§ EXERCISE GOAL
Search the entries below for "untouched". Report each line where it occurs.

§ DATA FOR ANALYSIS

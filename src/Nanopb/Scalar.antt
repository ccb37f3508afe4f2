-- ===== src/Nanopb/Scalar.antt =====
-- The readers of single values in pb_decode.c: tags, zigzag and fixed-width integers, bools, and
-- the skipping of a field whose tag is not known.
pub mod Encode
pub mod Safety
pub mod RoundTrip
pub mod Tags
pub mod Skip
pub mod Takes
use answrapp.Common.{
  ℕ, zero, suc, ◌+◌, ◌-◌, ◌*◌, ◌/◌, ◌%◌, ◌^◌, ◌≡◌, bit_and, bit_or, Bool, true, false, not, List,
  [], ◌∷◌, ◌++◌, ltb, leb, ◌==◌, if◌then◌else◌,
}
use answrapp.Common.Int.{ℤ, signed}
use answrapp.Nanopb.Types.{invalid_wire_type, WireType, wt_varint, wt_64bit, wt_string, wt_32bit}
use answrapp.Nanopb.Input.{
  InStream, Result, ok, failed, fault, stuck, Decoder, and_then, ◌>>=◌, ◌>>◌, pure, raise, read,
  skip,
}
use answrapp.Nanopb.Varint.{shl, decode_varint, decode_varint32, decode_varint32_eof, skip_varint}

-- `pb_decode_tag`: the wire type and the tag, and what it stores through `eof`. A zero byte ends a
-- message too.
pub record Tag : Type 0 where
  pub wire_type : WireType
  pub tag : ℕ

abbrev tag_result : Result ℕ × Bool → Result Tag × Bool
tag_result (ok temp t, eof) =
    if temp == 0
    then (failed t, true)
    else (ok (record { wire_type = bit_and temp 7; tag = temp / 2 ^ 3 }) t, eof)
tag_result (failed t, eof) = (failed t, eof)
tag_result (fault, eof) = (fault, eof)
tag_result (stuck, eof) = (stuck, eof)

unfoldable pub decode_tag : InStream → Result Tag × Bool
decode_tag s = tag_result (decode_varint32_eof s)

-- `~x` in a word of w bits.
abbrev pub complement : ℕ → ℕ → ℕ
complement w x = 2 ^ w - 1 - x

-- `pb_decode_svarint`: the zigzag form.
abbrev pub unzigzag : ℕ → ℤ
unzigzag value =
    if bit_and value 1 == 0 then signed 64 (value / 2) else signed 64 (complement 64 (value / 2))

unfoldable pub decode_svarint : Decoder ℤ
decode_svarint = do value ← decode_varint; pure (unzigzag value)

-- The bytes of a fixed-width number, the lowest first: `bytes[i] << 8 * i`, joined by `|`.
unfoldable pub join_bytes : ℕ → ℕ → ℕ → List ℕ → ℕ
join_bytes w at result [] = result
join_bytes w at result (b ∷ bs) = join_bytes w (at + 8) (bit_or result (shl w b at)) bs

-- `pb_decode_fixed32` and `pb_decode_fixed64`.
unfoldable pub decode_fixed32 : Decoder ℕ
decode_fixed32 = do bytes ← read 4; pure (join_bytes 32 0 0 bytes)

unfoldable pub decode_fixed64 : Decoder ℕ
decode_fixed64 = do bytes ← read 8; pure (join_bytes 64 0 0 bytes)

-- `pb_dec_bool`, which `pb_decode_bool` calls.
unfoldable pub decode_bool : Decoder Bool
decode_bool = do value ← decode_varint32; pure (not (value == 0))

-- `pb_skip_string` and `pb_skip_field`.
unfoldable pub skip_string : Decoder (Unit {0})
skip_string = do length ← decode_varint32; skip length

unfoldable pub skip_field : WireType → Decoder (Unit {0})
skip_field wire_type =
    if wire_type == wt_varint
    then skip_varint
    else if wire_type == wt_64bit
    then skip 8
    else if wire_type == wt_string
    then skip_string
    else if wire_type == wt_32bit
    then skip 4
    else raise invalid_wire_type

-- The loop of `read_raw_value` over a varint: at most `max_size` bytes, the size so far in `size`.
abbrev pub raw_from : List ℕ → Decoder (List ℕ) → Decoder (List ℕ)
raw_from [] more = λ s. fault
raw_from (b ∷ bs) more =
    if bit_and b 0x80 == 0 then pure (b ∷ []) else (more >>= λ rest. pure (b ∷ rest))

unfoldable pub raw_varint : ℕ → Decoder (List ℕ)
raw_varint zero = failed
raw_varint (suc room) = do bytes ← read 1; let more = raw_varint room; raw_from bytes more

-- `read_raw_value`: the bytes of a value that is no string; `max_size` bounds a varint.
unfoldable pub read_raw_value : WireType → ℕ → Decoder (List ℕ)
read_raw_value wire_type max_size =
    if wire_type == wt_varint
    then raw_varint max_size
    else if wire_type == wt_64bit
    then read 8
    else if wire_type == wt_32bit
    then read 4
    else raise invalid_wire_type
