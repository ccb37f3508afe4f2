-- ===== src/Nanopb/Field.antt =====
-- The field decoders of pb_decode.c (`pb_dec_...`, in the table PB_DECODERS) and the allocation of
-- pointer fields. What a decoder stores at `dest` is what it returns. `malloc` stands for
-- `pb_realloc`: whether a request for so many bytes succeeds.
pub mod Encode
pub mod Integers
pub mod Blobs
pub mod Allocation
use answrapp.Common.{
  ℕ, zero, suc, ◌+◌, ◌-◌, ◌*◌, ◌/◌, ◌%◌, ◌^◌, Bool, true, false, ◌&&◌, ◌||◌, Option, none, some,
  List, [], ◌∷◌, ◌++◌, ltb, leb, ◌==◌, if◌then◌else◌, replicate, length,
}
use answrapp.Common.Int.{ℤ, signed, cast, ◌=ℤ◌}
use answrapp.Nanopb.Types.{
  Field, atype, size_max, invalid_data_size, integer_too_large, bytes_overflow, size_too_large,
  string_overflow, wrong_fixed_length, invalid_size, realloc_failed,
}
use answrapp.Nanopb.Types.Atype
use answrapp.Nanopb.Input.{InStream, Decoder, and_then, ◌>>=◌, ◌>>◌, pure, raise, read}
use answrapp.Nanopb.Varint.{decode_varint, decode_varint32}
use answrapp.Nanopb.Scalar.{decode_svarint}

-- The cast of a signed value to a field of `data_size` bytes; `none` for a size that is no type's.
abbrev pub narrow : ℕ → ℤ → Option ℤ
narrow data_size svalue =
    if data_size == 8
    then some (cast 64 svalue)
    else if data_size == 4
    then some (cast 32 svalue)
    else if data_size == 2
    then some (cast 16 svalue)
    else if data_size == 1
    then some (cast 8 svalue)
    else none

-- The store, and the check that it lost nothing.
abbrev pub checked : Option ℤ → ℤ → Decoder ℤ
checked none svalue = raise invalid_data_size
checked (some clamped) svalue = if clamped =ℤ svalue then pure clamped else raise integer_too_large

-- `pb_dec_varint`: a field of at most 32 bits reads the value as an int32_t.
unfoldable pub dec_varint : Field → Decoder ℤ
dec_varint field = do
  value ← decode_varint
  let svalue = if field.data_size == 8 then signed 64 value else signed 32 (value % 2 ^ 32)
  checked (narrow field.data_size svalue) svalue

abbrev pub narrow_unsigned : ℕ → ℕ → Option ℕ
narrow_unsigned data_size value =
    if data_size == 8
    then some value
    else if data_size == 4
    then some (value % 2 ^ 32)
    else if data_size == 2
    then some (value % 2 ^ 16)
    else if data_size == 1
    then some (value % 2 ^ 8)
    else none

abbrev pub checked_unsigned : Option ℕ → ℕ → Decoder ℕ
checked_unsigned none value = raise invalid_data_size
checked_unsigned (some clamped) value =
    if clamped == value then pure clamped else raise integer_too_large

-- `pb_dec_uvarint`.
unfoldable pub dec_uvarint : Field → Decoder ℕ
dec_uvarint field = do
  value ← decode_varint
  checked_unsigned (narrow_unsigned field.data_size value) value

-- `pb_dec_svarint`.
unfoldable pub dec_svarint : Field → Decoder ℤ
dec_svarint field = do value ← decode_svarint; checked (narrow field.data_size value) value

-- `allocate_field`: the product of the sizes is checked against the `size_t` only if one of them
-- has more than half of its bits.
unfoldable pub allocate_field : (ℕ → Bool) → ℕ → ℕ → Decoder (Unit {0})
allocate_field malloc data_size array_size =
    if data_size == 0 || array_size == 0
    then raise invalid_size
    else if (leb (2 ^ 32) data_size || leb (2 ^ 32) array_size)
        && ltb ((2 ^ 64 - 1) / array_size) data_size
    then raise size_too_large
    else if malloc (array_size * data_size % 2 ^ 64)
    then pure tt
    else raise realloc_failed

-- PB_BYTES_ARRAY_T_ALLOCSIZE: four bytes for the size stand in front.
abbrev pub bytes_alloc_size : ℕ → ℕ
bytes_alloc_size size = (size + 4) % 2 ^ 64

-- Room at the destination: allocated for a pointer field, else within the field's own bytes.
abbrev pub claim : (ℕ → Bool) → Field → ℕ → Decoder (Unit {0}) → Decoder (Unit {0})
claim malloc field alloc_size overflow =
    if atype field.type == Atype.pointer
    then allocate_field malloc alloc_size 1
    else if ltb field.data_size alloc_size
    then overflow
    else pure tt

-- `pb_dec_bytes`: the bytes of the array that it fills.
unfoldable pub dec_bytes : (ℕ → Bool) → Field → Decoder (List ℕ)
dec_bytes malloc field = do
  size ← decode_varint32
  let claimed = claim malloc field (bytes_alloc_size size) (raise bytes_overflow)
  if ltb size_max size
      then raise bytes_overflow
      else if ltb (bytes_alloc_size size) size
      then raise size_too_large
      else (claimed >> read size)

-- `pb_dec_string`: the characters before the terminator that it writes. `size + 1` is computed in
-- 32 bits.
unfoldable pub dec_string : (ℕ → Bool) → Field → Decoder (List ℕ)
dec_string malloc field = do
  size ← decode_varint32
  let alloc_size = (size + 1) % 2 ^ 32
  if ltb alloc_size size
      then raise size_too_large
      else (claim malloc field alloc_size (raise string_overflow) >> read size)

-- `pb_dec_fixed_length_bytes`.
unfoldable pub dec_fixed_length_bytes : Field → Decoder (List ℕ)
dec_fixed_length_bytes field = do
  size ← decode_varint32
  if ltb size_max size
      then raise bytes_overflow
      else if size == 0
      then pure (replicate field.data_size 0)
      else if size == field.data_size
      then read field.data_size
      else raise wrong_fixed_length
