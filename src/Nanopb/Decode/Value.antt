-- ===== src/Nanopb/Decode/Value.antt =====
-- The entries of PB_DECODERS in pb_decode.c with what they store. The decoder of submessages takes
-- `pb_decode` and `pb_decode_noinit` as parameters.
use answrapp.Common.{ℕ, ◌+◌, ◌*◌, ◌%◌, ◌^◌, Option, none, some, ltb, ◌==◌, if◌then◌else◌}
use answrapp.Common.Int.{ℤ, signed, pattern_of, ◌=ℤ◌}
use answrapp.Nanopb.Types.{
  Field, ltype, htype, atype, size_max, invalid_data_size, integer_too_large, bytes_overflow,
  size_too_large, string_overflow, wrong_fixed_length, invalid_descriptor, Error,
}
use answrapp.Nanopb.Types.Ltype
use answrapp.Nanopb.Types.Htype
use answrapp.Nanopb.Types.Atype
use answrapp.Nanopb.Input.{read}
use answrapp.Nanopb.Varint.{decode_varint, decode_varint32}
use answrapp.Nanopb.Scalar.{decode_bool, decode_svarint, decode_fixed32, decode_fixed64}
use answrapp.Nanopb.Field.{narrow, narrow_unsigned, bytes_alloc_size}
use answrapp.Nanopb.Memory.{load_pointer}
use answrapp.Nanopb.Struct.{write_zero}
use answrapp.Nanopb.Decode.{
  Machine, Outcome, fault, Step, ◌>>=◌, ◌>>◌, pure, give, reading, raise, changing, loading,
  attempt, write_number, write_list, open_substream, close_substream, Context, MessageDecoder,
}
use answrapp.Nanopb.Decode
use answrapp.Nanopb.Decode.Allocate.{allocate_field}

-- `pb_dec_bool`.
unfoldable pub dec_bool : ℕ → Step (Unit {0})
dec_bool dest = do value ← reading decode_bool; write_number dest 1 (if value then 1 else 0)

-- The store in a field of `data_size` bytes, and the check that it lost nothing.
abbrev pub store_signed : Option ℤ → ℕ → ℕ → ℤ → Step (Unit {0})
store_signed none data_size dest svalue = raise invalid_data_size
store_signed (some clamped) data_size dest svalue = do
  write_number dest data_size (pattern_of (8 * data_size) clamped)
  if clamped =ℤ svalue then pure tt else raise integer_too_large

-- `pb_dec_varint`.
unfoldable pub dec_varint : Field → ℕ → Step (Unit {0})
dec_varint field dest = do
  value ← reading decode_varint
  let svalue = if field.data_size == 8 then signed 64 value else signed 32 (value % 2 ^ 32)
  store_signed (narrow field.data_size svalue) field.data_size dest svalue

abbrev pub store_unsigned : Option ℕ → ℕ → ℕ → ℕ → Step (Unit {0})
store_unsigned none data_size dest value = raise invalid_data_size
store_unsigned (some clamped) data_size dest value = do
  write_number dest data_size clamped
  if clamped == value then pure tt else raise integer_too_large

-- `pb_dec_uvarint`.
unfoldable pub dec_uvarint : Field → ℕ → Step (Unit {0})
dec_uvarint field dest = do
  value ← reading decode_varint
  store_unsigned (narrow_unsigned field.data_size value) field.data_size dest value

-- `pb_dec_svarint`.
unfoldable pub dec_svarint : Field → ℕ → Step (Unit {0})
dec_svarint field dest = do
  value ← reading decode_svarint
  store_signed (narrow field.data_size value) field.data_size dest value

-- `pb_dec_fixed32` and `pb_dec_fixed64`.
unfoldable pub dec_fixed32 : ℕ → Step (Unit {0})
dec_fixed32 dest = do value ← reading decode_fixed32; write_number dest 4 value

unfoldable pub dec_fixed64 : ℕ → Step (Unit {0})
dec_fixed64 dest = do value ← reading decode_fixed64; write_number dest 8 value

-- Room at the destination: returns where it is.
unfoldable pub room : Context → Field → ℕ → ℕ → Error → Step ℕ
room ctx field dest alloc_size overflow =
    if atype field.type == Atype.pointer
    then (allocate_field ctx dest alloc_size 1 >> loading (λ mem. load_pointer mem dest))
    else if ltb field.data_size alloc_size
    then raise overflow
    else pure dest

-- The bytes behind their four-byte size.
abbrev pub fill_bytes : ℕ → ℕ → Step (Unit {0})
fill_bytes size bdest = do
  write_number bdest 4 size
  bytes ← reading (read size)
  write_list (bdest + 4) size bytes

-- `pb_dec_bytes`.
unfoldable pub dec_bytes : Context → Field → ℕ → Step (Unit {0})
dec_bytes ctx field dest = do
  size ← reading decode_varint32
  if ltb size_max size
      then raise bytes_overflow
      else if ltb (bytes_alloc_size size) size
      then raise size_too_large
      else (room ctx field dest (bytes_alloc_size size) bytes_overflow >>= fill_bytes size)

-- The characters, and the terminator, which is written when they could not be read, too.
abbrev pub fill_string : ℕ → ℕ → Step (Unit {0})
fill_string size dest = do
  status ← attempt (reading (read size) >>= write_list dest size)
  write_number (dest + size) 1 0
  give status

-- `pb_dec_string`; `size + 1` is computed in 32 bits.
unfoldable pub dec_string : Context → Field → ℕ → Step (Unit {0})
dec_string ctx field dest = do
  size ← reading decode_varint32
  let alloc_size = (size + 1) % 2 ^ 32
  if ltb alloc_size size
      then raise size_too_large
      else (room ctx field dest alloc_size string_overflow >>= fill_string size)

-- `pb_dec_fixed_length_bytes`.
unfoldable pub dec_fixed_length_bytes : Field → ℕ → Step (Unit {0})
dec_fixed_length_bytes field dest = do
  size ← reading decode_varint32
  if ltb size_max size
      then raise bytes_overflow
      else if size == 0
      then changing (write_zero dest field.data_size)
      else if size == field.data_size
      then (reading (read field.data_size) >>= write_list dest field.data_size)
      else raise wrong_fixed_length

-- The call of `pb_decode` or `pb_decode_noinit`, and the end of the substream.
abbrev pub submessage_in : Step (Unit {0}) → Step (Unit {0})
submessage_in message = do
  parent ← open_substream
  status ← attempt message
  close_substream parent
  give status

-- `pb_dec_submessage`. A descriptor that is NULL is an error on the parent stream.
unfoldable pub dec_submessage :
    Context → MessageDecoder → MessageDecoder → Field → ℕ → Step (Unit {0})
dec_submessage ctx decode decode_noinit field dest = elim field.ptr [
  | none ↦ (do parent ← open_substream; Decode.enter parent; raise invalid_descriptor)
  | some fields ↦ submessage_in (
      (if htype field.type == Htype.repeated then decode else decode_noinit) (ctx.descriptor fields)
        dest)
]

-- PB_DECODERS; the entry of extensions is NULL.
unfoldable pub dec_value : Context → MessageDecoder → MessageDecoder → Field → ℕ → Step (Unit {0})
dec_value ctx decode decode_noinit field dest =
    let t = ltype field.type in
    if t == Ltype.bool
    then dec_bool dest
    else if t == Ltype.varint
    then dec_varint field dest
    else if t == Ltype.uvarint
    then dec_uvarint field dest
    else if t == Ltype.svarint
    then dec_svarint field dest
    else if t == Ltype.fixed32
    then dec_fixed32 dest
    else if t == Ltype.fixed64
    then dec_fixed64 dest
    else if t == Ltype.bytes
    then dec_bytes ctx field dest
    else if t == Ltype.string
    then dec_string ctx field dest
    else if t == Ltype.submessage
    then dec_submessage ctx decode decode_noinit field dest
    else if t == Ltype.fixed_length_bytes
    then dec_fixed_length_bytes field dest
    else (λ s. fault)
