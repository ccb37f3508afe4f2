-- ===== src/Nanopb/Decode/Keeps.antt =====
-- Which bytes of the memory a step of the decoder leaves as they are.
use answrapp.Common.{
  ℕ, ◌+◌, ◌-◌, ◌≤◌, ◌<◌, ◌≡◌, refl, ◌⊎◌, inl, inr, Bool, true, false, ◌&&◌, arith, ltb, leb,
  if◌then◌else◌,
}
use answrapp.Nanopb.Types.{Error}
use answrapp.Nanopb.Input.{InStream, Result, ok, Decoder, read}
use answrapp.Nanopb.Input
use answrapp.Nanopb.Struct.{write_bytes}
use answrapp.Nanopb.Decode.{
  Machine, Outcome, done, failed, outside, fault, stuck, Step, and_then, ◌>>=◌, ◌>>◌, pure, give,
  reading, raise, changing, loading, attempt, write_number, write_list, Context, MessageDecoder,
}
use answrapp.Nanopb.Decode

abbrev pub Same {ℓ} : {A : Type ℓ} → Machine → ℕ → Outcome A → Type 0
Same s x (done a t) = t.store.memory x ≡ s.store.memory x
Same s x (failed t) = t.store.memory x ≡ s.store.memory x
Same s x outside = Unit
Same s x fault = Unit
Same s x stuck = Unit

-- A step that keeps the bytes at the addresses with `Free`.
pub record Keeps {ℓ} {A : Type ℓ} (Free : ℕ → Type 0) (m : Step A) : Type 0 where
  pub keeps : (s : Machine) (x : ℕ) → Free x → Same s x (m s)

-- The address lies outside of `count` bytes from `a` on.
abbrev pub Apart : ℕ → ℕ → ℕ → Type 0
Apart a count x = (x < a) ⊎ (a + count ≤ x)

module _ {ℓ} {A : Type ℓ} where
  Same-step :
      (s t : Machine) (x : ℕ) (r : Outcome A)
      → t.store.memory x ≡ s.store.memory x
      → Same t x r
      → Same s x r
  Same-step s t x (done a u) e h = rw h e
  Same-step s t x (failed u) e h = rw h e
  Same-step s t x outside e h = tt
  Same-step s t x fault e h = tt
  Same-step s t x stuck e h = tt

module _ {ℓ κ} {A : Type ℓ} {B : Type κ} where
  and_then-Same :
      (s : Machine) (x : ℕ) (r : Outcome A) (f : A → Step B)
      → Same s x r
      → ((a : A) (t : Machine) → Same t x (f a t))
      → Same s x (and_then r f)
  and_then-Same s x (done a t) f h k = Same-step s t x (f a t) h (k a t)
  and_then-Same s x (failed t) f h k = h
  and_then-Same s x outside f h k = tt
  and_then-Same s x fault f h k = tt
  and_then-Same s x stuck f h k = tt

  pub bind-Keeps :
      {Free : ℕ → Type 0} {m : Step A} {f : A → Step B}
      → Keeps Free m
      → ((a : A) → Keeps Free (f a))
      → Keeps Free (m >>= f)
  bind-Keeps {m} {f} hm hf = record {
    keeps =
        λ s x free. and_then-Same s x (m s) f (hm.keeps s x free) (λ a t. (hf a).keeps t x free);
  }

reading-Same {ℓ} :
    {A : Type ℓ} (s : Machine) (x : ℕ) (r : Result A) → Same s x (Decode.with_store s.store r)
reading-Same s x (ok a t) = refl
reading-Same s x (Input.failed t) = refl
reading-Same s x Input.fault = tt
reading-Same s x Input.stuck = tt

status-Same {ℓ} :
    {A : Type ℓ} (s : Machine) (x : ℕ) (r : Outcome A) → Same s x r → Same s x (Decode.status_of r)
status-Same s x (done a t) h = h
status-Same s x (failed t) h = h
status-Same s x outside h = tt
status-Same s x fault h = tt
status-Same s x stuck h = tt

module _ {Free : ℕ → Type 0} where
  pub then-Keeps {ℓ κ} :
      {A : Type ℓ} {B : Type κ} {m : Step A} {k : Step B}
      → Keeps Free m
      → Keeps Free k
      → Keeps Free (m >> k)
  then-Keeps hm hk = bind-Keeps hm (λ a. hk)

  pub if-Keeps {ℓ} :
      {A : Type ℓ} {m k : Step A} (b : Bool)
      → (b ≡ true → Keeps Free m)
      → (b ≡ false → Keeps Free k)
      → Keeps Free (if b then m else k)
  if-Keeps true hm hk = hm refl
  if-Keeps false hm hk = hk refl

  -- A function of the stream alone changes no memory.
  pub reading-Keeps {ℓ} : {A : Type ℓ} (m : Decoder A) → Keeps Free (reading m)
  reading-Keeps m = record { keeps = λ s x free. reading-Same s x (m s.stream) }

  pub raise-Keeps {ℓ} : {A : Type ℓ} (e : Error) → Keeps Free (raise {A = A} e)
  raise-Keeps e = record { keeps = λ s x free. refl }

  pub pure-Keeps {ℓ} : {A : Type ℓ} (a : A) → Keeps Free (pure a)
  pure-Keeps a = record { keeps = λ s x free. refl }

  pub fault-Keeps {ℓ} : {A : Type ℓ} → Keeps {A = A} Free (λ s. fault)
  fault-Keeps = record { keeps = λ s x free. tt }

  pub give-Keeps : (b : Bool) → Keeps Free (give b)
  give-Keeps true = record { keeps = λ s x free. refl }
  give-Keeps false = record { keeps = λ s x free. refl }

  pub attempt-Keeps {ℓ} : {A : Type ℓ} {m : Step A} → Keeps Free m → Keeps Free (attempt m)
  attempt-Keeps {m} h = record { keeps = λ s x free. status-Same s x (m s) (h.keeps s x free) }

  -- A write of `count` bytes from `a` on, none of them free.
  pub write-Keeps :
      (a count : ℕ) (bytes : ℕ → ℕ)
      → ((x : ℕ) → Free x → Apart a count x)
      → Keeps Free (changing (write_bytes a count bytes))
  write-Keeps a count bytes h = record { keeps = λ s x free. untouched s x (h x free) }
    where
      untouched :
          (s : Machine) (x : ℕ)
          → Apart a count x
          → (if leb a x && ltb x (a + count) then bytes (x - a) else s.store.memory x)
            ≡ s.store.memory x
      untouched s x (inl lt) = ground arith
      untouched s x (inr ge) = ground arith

§ EXERCISE RESULT
  write-Keeps a count bytes h = record { keeps = λ s x free. untouched s x (h x free) }
      untouched :
      untouched s x (inl lt) = ground arith
      untouched s x (inr ge) = ground arith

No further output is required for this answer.